Afghanischer Soldat erschießt einen australischen Soldat

30.05.2011

 Ein afghanischer Soldat erschoss seinen Chef, einen australischer Offizier. Der australische „Defense Force chief, Air Chief Marshal Angus Houston“ meinte dass dies der 26. Soldat sei, der auf australischer Seite in diesem Konflikt umgekommen sei. Der Afghane flüchtete und würde jetzt „gejagt von seinen Kollegen der Afghanischen Nationalarmee. Der tote Soldat ist 25 Jahre alt, er hatte zusammen mit dem afghanischen Soldaten Wache im Chora Valley in der Uruzgan Provinz.

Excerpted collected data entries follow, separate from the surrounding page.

-- ===== src/Peer.antt =====
-- The table of known peers of src/peer.c. A peer is a block that `malloc` returned: `ref` is its
-- address, and the list of peers holds such addresses. A write through a pointer to a peer changes
-- the entries with that address (`write_back`). Each call of a callback is recorded in order.
pub mod Defs
pub mod Lookup
pub mod Add
pub mod Clean
pub mod Removal
mod Tests
pub use Defs.{
  Peer, PeerState, PeerStatus, peer_ok, peer_add, peer_update, peer_missing, Callback, Cleaned,
  cleaned, null_callback, unfinished,
}
unfoldable pub use Defs.{
  init, set_callbacks, new, get, add, write_back, set_master_indication,
  set_anchor_master_information, set_beacon_information, remove, is_stale, clean, same,
}
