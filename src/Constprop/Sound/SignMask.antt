-- ===== src/Constprop/Sound/SignMask.antt =====
-- constprop.c: `lightrec_get_sign_mask`, and where the carry loop of `lightrec_propagate_addi` ends.
use lightrec.Base.{
  ℕ, zero, suc, ◌^◌, ◌<◌, ◌≤◌, ◌≡◌, ◌≢◌, refl, arith, ◌==◌, any_bit, IsU32, ==_cases, inl, inr,
  bit_and, lnot, Bool-cases, if◌then◌else◌, true,
}
use native.Mathlib.Decide.{dec_lt}
use lightrec.Base.Bits.Laws.{pow-pos}
use lightrec.Base.Bits.{bit, bit-lt-two, bit-bit_and, bit-lnot, bit_of_zero, bit_and-lt, lnot-lt}
use lightrec.Optimizer.MaskBits.{any_bit_one}
use lightrec.Constprop.Data.{ConstpropData, genmask, bit_length, lightrec_get_sign_mask}
use lightrec.Constprop.Rounds.{genmask-low}

-- There is no digit from the length on.
bit_length-high : (n x i : ℕ) → bit_length n x ≤ i → i < n → bit x i ≡ 0
unfolding bit_length
bit_length-high zero x i h hi = absurd (omega arith)
bit_length-high (suc n) x i h hi = elim (==_cases (bit x n) 1) [
  | inl one ↦ let k = rw one at h in absurd (omega (arith, k))
  | inr ne ↦ elim (==_cases i n) [
    | inl e ↦ rw e (ground (arith, bit-lt-two x n))
    | inr apart ↦ bit_length-high n x i (rw ne at h) (ground arith)
  ]
]

bit_length-le : (n x : ℕ) → bit_length n x ≤ n
unfolding bit_length
bit_length-le zero x = omega arith
bit_length-le (suc n) x = elim (==_cases (bit x n) 1) [
  | inl one ↦ rw one (omega arith)
  | inr ne ↦ rw ne (omega (arith, bit_length-le n x))
]

length_high : (x i : ℕ) → (if x == 0 then 0 else bit_length 32 x) ≤ i → i < 32 → bit x i ≡ 0
length_high x i h hi = elim (==_cases x 0) [
  | inl z ↦ rw z (bit_of_zero i)
  | inr ne ↦ bit_length-high 32 x i (rw ne at h) hi
]

module _ (d : ConstpropData) (value_word : IsU32 d.value) (known_word : IsU32 d.known)
    (plain : d.sign ≡ 0) where
  abbrev repeated : ℕ
  repeated = bit_and (if any_bit d.value 0x80000000 then d.value else lnot d.value) d.known

  abbrev len : ℕ
  len = if lnot repeated == 0 then 0 else bit_length 32 (lnot repeated)

  repeated-lt : IsU32 repeated
  repeated-lt = elim (Bool-cases (any_bit d.value 0x80000000)) [
    | inl y ↦ rw y (bit_and-lt d.value d.known value_word)
    | inr n ↦ rw n (bit_and-lt (lnot d.value) d.known (lnot-lt d.value))
  ]

  len-lt : len ≢ 32 → len < 32
  len-lt ne = elim (==_cases (lnot repeated) 0) [
    | inl z ↦ rw z (omega arith)
    | inr n ↦
        let le = bit_length-le 32 (lnot repeated) in
        let other : bit_length 32 (lnot repeated) ≢ 32 = rw n at ne in
        rw n (omega (arith, le, other))
  ]

  sign_mask-eq : lightrec_get_sign_mask d ≡ (if len == 32 then 0 else genmask 31 len)
  unfolding lightrec_get_sign_mask
  sign_mask-eq = rw plain refl

  sign_mask-lt : IsU32 (lightrec_get_sign_mask d)
  sign_mask-lt = rw sign_mask-eq (elim (==_cases len 32) [
    | inl e ↦ rw e (omega arith)
    | inr ne ↦ rw ne (unfold genmask in omega (arith, pow-pos len))
  ])

  -- Where the mask repeats the sign, the digit is known.
  sign_mask-known : (i : ℕ) → i < 32 → bit (lightrec_get_sign_mask d) i ≡ 1 → bit d.known i ≡ 1
  sign_mask-known i hi h = elim (==_cases len 32) [
    | inl e ↦ absurd (let k = rw (sign_mask-eq, e) at h in omega (arith, k, bit_of_zero i))
    | inr ne ↦ elim (dec_lt i len) [
      | yes lt ↦ absurd (
          let k = rw (sign_mask-eq, ne) at h in
          omega (arith, k, genmask-low len i (len-lt (ground arith)) lt))
      | no ge ↦
          let z = length_high (lnot repeated) i (omega arith) hi in
          let one : bit repeated i ≡ 1 =
            omega (arith, z, bit-lnot repeated i repeated-lt hi, bit-lt-two repeated i) in
          let both =
            bit-bit_and (if any_bit d.value 0x80000000 then d.value else lnot d.value) d.known i in
          omega (
            arith,
            one,
            both,
            bit-lt-two d.known i,
            bit-lt-two (if any_bit d.value 0x80000000 then d.value else lnot d.value) i,
          )
    ]
  ]

-- The carry loop has not come past the last significant digit while a digit is unknown.
abbrev pub significant : ConstpropData → ConstpropData → ℕ
significant d s = lnot (bit_and (lightrec_get_sign_mask d) (lightrec_get_sign_mask s))

pub past_significant :
    (d s : ConstpropData)
    → IsU32 d.value
    → IsU32 d.known
    → d.sign ≡ 0
    → IsU32 s.value
    → IsU32 s.known
    → s.sign ≡ 0
    → (i : ℕ) → i < 32
    → (if significant d s == 0 then 0 else bit_length 32 (significant d s)) ≤ i
    → any_bit (bit_and s.known d.known) (2 ^ i) ≡ true
past_significant d s dv dk dp sv sk sp i hi h =
    let a = lightrec_get_sign_mask d in
    let b = lightrec_get_sign_mask s in
    let z = length_high (significant d s) i h hi in
    let word = bit_and-lt a b (sign_mask-lt d dv dk dp) in
    let one : bit (bit_and a b) i ≡ 1 =
      omega (arith, z, bit-lnot (bit_and a b) i word hi, bit-lt-two (bit_and a b) i) in
    let first : bit a i ≡ 1 =
      omega (arith, one, bit-bit_and a b i, bit-lt-two a i, bit-lt-two b i) in
    let second : bit b i ≡ 1 =
      omega (arith, one, bit-bit_and a b i, bit-lt-two a i, bit-lt-two b i) in
    any_bit_one (bit_and s.known d.known) i (
      omega (
        arith,
        bit-bit_and s.known d.known i,
        sign_mask-known d dv dk dp i hi first,
        sign_mask-known s sv sk sp i hi second,
      ))
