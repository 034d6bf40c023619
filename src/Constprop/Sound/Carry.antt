-- ===== src/Constprop/Sound/Carry.antt =====
-- The digits of a sum of words, and the carries between them.
use lightrec.Base.{
  ℕ, zero, suc, ◌+◌, ◌*◌, ◌/◌, ◌%◌, ◌^◌, ◌<◌, ◌≡◌, refl, ◌∙◌, ap, arith, Bool, true, false, any_bit,
  if◌then◌else◌, bit_and, IsU32, ==_cases, inl, inr, add32,
}
use lightrec.Base.Bits.{
  eq_of_bits, bit_and-lt, pow_digit, bit, bit-lt-two, bit-bit_and, bit-mod_low, bit-mul_high,
}
use native.Mathlib.Nat.{pow-suc, pow-le-pow_right}
use lightrec.Base.Bits.Laws.{pow-pos}
use lightrec.Optimizer.MaskBits.{any_bit_zero}
use lightrec.Constprop.Add.{known_sum}

-- The carry into digit `i` of `x + y + c`.
pub carry_into : ℕ → ℕ → ℕ → ℕ → ℕ
carry_into x y c zero = c
carry_into x y c (suc i) = carry_into (x / 2) (y / 2) ((x % 2 + y % 2 + c) / 2) i

pub carry_into-suc :
    (x y c i : ℕ) → carry_into x y c (suc i) ≡ (bit x i + bit y i + carry_into x y c i) / 2
unfolding carry_into bit
carry_into-suc x y c zero = refl
carry_into-suc x y c (suc i) = carry_into-suc (x / 2) (y / 2) ((x % 2 + y % 2 + c) / 2) i

pub carry_into-lt-two : (x y c i : ℕ) → c < 2 → carry_into x y c i < 2
unfolding carry_into
carry_into-lt-two x y c zero h = h
carry_into-lt-two x y c (suc i) h =
    carry_into-lt-two (x / 2) (y / 2) ((x % 2 + y % 2 + c) / 2) i (omega arith)

pub sum_digit : (x y c i : ℕ) → bit (x + y + c) i ≡ (bit x i + bit y i + carry_into x y c i) % 2
unfolding carry_into bit
sum_digit x y c zero = omega arith
sum_digit x y c (suc i) =
    let e : (x + y + c) / 2 ≡ x / 2 + y / 2 + (x % 2 + y % 2 + c) / 2 = omega arith in
    rw e (sum_digit (x / 2) (y / 2) ((x % 2 + y % 2 + c) / 2) i)

-- The carry into digit `i` of a sum of two words, and the digit.
abbrev pub carry : ℕ → ℕ → ℕ → ℕ
carry x y i = carry_into x y 0 i

pub carry_zero : (x y : ℕ) → carry x y 0 ≡ 0
unfolding carry_into
carry_zero x y = refl

pub add32_digit : (x y i : ℕ) → i < 32 → bit (add32 x y) i ≡ (bit x i + bit y i + carry x y i) % 2
unfolding add32
add32_digit x y i hi =
    let e : x + y + 0 ≡ x + y = omega arith in
    bit-mod_low 32 (x + y) i hi ∙ rw (← e) (sum_digit x y 0 i)

pub pow-lt : (b : ℕ) → b < 32 → 2 ^ b < 2 ^ 32
pow-lt b h = omega (
  arith,
  pow-suc 2 b,
  pow-pos b,
  pow-le-pow_right {n = 2} (omega arith) {i = suc b} {j = 32} (omega arith),
)

-- One digit of a word in its place.
single_digit : (x b : ℕ) → IsU32 x → b < 32 → bit_and x (2 ^ b) ≡ bit x b * 2 ^ b
unfolding any_bit
single_digit x b hx hb = elim (==_cases (bit x b) 1) [
  | inl one ↦
      let e =
        eq_of_bits 32 (bit_and x (2 ^ b)) (2 ^ b) (bit_and-lt x (2 ^ b) hx) (pow-lt b hb) (λ i hi.
          elim (pow_digit b i) [
            | inl p ↦ omega (arith, bit-bit_and x (2 ^ b) i, p.1, ap (bit x) p.0, one)
            | inr z ↦ omega (arith, bit-bit_and x (2 ^ b) i, z)
          ]) in
      rw one (omega (arith, e))
  | inr ne ↦
      let z : bit x b ≡ 0 = ground (arith, bit-lt-two x b) in
      let e = any_bit_zero x b z in rw z (ground arith)
]

abbrev pub of_bool : Bool → ℕ
of_bool true = 1
of_bool false = 0

module _ (b : ℕ) (hb : b < 32) (c : Bool) (x y : ℕ) (hx : IsU32 x) (hy : IsU32 y) where
  known_sum-eq : known_sum b c x y ≡ (of_bool c + bit x b + bit y b) * 2 ^ b % 2 ^ 32
  unfolding known_sum
  known_sum-eq =
      rw (single_digit x b hx hb, single_digit y b hy hb) (ap (λ (t : ℕ). t % 2 ^ 32) (sums c))
    where
      sums :
          (c : Bool)
          → (if c then 2 ^ b else 0) + bit x b * 2 ^ b + bit y b * 2 ^ b
            ≡ (of_bool c + bit x b + bit y b) * 2 ^ b
      sums true = grind arith
      sums false = grind arith

  pub known_sum_digit : bit (known_sum b c x y) b ≡ (of_bool c + bit x b + bit y b) % 2
  known_sum_digit =
      let k = of_bool c + bit x b + bit y b in
      let e : b + 0 ≡ b = omega arith in
      rw known_sum-eq
        (bit-mod_low 32 (k * 2 ^ b) b hb ∙ rw e at (bit-mul_high b k 0) ∙ unfold bit in refl)

  pub known_sum_carry :
      b + 1 < 32 → bit (known_sum b c x y) (b + 1) ≡ (of_bool c + bit x b + bit y b) / 2
  known_sum_carry h =
      let k = of_bool c + bit x b + bit y b in
      rw known_sum-eq (
        bit-mod_low 32 (k * 2 ^ b) (b + 1) h
        ∙ bit-mul_high b k 1
        ∙ unfold bit in omega (arith, bit-lt-two x b, bit-lt-two y b, small c))
    where
      small : (c : Bool) → of_bool c < 2
      small true = omega arith
      small false = omega arith
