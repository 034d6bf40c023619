-- ===== src/Constprop/Sound/Below.antt =====
-- The result of the carry loop while it is built: it is right in the digits below the loop's.
use lightrec.Base.{
  ℕ, zero, suc, ◌+◌, ◌-◌, ◌*◌, ◌^◌, ◌<◌, ◌≤◌, ◌≡◌, ◌≢◌, ◌==◌, ◌∙◌, ap, sym, arith, false, any_bit,
  if◌then◌else◌, IsU32, ==_cases, inl, inr, bit_and, bit_or, lnot,
}
use native.Mathlib.Decide.{dec_lt}
use native.Mathlib.Nat.{pow-le-pow_right}
use lightrec.Base.Bits.{
  bit, bit-lt-two, bit-bit_and, bit-bit_or, bit-lnot, bit_high, zero_of_bits, bit-pow_self,
  bit-pow_ne, bit-mul_high, bit-mask_low, bit_and-lt, bit_or-lt,
}
use lightrec.Base.Bits.Laws.{pow-pos}
use lightrec.Optimizer.MaskBits.{any_bit_one, any_bit_zero}
use lightrec.Constprop.Data.{ConstpropData, genmask, lowest_bit}
use lightrec.Constprop.Add.{set_sum_bit, clear_bits}
use lightrec.Constprop.Rounds.{pow_sum, mul_pred}
use lightrec.Constprop.Describes.{Describes}
use lightrec.Constprop.Sound.Carry.{pow-lt}

-- `r` describes the digits of `x` below digit `b`, and has no sign mask there.
pub record IsBelow (b : ℕ) (r : ConstpropData) (x : ℕ) : Type 0 where
  pub value_word : IsU32 r.value
  pub known_word : IsU32 r.known
  pub sign_word : IsU32 r.sign
  pub agrees : (i : ℕ) → i < b → i < 32 → bit r.known i ≡ 1 → bit r.value i ≡ bit x i
  pub plain : (i : ℕ) → i < b → i < 32 → bit r.sign i ≡ 0

pub IsBelow-Describes :
    {b : ℕ} {r : ConstpropData} {x : ℕ} → IsU32 x → 32 ≤ b → IsBelow b r x → Describes r x
IsBelow-Describes {b} {r} h hb p =
    let z : r.sign ≡ 0 = zero_of_bits r.sign (λ i. none_at i) in
    record {
      word = h;
      value_word = p.value_word;
      known_word = p.known_word;
      sign_word = p.sign_word;
      agrees = λ i hi k. p.agrees i (omega arith) hi k;
      copies = λ i hi s. absurd (omega (arith, none_at i));
      upper = λ i j le hj s. absurd (omega (arith, none_at i));
    }
  where
    none_at : (i : ℕ) → bit r.sign i ≡ 0
    none_at i = elim (dec_lt i 32) [
      | yes lt ↦ p.plain i (omega arith) lt
      | no ge ↦ bit_high 32 r.sign i p.sign_word (omega arith)
    ]

pub start-IsBelow :
    (r : ConstpropData) (x : ℕ) → IsU32 r.value → IsU32 r.known → IsU32 r.sign → IsBelow 0 r x
start-IsBelow r x hv hk hs = record {
  value_word = hv;
  known_word = hk;
  sign_word = hs;
  agrees = λ i lt hi k. absurd (omega arith);
  plain = λ i lt hi. absurd (omega arith);
}

-- Clearing a mask that covers the next digits.
pub clear_bits-IsBelow :
    (b b' mask : ℕ) (r : ConstpropData) (x : ℕ)
    → IsU32 mask
    → ((i : ℕ) → b ≤ i → i < b' → i < 32 → bit mask i ≡ 1)
    → IsBelow b r x
    → IsBelow b' (clear_bits mask r) x
unfolding clear_bits
clear_bits-IsBelow b b' mask r x hm covers p = record {
  value_word = p.value_word;
  known_word = bit_and-lt r.known (lnot mask) p.known_word;
  sign_word = bit_and-lt r.sign (lnot mask) p.sign_word;
  agrees = λ i lt hi k. elim (dec_lt i b) [
    | yes below ↦ p.agrees i below hi (
        omega (
          arith,
          k,
          bit-bit_and r.known (lnot mask) i,
          bit-lt-two r.known i,
          bit-lt-two (lnot mask) i,
        ))
    | no above ↦ absurd (
        omega (
          arith,
          k,
          bit-bit_and r.known (lnot mask) i,
          bit-lnot mask i hm hi,
          covers i (omega arith) lt hi,
        ))
  ];
  plain = λ i lt hi. elim (dec_lt i b) [
    | yes below ↦ omega (arith, bit-bit_and r.sign (lnot mask) i, p.plain i below hi)
    | no above ↦ omega (
      arith,
      bit-bit_and r.sign (lnot mask) i,
      bit-lnot mask i hm hi,
      covers i (omega arith) lt hi,
    )
  ];
}

module _ (b : ℕ) (hb : b < 32) (w : ℕ) where
  put_self : bit (bit_or w (2 ^ b)) b ≡ 1
  put_self = omega (arith, bit-bit_or w (2 ^ b) b, bit-pow_self b, bit-lt-two w b)

  drop_self : bit (bit_and w (lnot (2 ^ b))) b ≡ 0
  drop_self =
      omega
        (arith, bit-bit_and w (lnot (2 ^ b)) b, bit-lnot (2 ^ b) b (pow-lt b hb) hb, bit-pow_self b)

  module _ (i : ℕ) (hi : i < 32) (ne : b ≢ i) where
    put_other : bit (bit_or w (2 ^ b)) i ≡ bit w i
    put_other = omega (arith, bit-bit_or w (2 ^ b) i, bit-pow_ne b i ne)

    drop_other : bit (bit_and w (lnot (2 ^ b))) i ≡ bit w i
    drop_other = omega (
      arith,
      bit-bit_and w (lnot (2 ^ b)) i,
      bit-lnot (2 ^ b) i (pow-lt b hb) hi,
      bit-pow_ne b i ne,
      bit-lt-two w i,
    )

-- The new value has the digit of the sum, and otherwise the old digits.
record IsWritten (b sum old new : ℕ) : Type 0 where
  word : IsU32 new
  here : bit new b ≡ bit sum b
  elsewhere : (i : ℕ) → i < 32 → b ≢ i → bit new i ≡ bit old i

abbrev with_digit : ℕ → ℕ → ℕ → ℕ
with_digit b sum old =
    if any_bit sum (2 ^ b) then bit_or old (2 ^ b) else bit_and old (lnot (2 ^ b))

with_digit-IsWritten :
    (b sum old : ℕ) → b < 32 → IsU32 old → IsWritten b sum old (with_digit b sum old)
with_digit-IsWritten b sum old hb h = elim (==_cases (bit sum b) 1) [
  | inl one ↦ rw (any_bit_one sum b one) (record {
    word = bit_or-lt old (2 ^ b) h (pow-lt b hb);
    here = put_self b hb old ∙ sym one;
    elsewhere = put_other b hb old;
  })
  | inr ne ↦
      let z : bit sum b ≡ 0 = ground (arith, bit-lt-two sum b) in
      rw (any_bit_zero sum b z) (record {
        word = bit_and-lt old (lnot (2 ^ b)) h;
        here = drop_self b hb old ∙ sym z;
        elsewhere = drop_other b hb old;
      })
]

-- A known digit of the sum.
pub set_sum_bit-IsBelow :
    (b sum : ℕ) (r : ConstpropData) (x : ℕ)
    → b < 32
    → bit sum b ≡ bit x b
    → IsBelow b r x
    → IsBelow (b + 1) (set_sum_bit b sum r) x
unfolding set_sum_bit
set_sum_bit-IsBelow b sum r x hb same p =
    let d = with_digit-IsWritten b sum r.value hb p.value_word in
    record {
      value_word = d.word;
      known_word = bit_or-lt r.known (2 ^ b) p.known_word (pow-lt b hb);
      sign_word = bit_and-lt r.sign (lnot (2 ^ b)) p.sign_word;
      agrees = λ i lt hi k. elim (==_cases b i) [
        | inl e ↦ rw (← e) (d.here ∙ same)
        | inr n ↦
            let ne : b ≢ i = ground arith in
            d.elsewhere i hi ne
            ∙ p.agrees i (omega arith) hi (sym (put_other b hb r.known i hi ne) ∙ k)
      ];
      plain = λ i lt hi. elim (==_cases b i) [
        | inl e ↦ rw (← e) (drop_self b hb r.sign)
        | inr n ↦
            let ne : b ≢ i = ground arith in
            drop_other b hb r.sign i hi ne ∙ p.plain i (omega arith) hi
      ];
    }

-- A mask from bit `l` to bit `h`.
module _ (h l : ℕ) (lh : l ≤ h) (hh : h < 32) where
  genmask-product : genmask h l ≡ (2 ^ (h + 1 - l) - 1) * 2 ^ l
  unfolding genmask
  genmask-product =
      let e : h + 1 - l + l ≡ h + 1 = omega arith in
      let s : 2 ^ (h + 1) ≡ 2 ^ (h + 1 - l) * 2 ^ l =
        ap (λ (t : ℕ). 2 ^ t) (sym e) ∙ pow_sum (h + 1 - l) l in
      omega (arith, s, mul_pred (2 ^ (h + 1 - l)) (2 ^ l))

  pub genmask_ones : (i : ℕ) → l ≤ i → i ≤ h → bit (genmask h l) i ≡ 1
  genmask_ones i li ih =
      let e : l + (i - l) ≡ i = omega arith in
      rw genmask-product (
        rw e at (bit-mul_high l (2 ^ (h + 1 - l) - 1) (i - l))
        ∙ bit-mask_low (h + 1 - l) (i - l) (omega arith))

  pub genmask-lt : IsU32 (genmask h l)
  unfolding genmask
  genmask-lt =
      omega (
        arith,
        pow-le-pow_right {n = 2} (omega arith) {i = h + 1} {j = 32} (omega arith),
        pow-pos l,
      )

-- The lowest digit is one, if there is one.
pub lowest_bit-digit : (n i x : ℕ) → lowest_bit n i x < i + n → bit x (lowest_bit n i x) ≡ 1
unfolding lowest_bit
lowest_bit-digit zero i x h = absurd (omega arith)
lowest_bit-digit (suc n) i x h = elim (==_cases (bit x i) 1) [
  | inl one ↦ rw one one
  | inr ne ↦ rw ne (lowest_bit-digit n (i + 1) x (let k = rw ne at h in omega (arith, k)))
]

pub lowest_bit-lt :
    (n i x : ℕ)
    → ((j : ℕ) → j < i → bit x j ≡ 0)
    → x < 2 ^ (i + n)
    → x ≢ 0
    → lowest_bit n i x < i + n
unfolding lowest_bit
lowest_bit-lt zero i x low h ne = absurd (
    ne (
      zero_of_bits x (λ j. elim (dec_lt j i) [
        | yes lt ↦ low j lt
        | no ge ↦ let e : i + 0 ≡ i = omega arith in bit_high i x j (rw e at h) (omega arith)
      ])))
lowest_bit-lt (suc n) i x low h ne = elim (==_cases (bit x i) 1) [
  | inl one ↦ rw one (omega arith)
  | inr k ↦
      let e : i + 1 + n ≡ i + suc n = omega arith in
      let r = lowest_bit-lt n (i + 1) x (below k) (rw (← e) at h) ne in rw k (omega (arith, r))
]
  where
    below : (bit x i == 1) ≡ false → (j : ℕ) → j < i + 1 → bit x j ≡ 0
    below k j lt = elim (==_cases j i) [
      | inl e ↦ rw e (ground (arith, bit-lt-two x i))
      | inr n ↦ low j (ground arith)
    ]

Bahrain: USA zieht ihren Menschenrechtsbeauftragten ab

30.05.2011

Die USA haben ihren Menschenrechtsbeauftragten, Ludovic Hood, aus Bahrain abgezogen. Er war das Ziel einer Hetzkampagne zur Einschüchterung, die zur internen Auseinandersetzung führte zwischen den USA und der Regierung in Bahrain. In Bahrain ist die 5. Navyflotte stationiert. Am 19. Hörte man endlich den erwarteten Protest des US-Präsidenten gegen die Regierung in bahrain. Obama kritisierte auch das Vorgehen gegen politische Aktivisten, gegen Lehrer und medizinisches Personal. Siehe www.mcclatchydc.com. Dass Ärztinnen, die festgenommen wurden, weil sie die Demonstranten unterstützten und behandelten, auch gefoltert wurden berichtet eine französische Nachrichtenagentur. Den Ärztinnen wird vorgeworfen, dass sie ihre schiitischen Demonstranten unterstützt und somit ihre Position missbraucht hätten. Das Ministerium sagt, dass die Vorwürfe alle haltlos seien. Seitens der Regierung wurde der hohe Menschenrechtsstandart in Bahrain gelobt…deswegen würde alle Vorwürfe nicht stimmen. Allerdings wird auch zugegeben, dass Ärzte und Krankenschwestern angeklagt sind vor einem Spezialgericht, das der Herrscher König Hamad speziell wegen der nationalen Sicherheit eingerichtet hätte.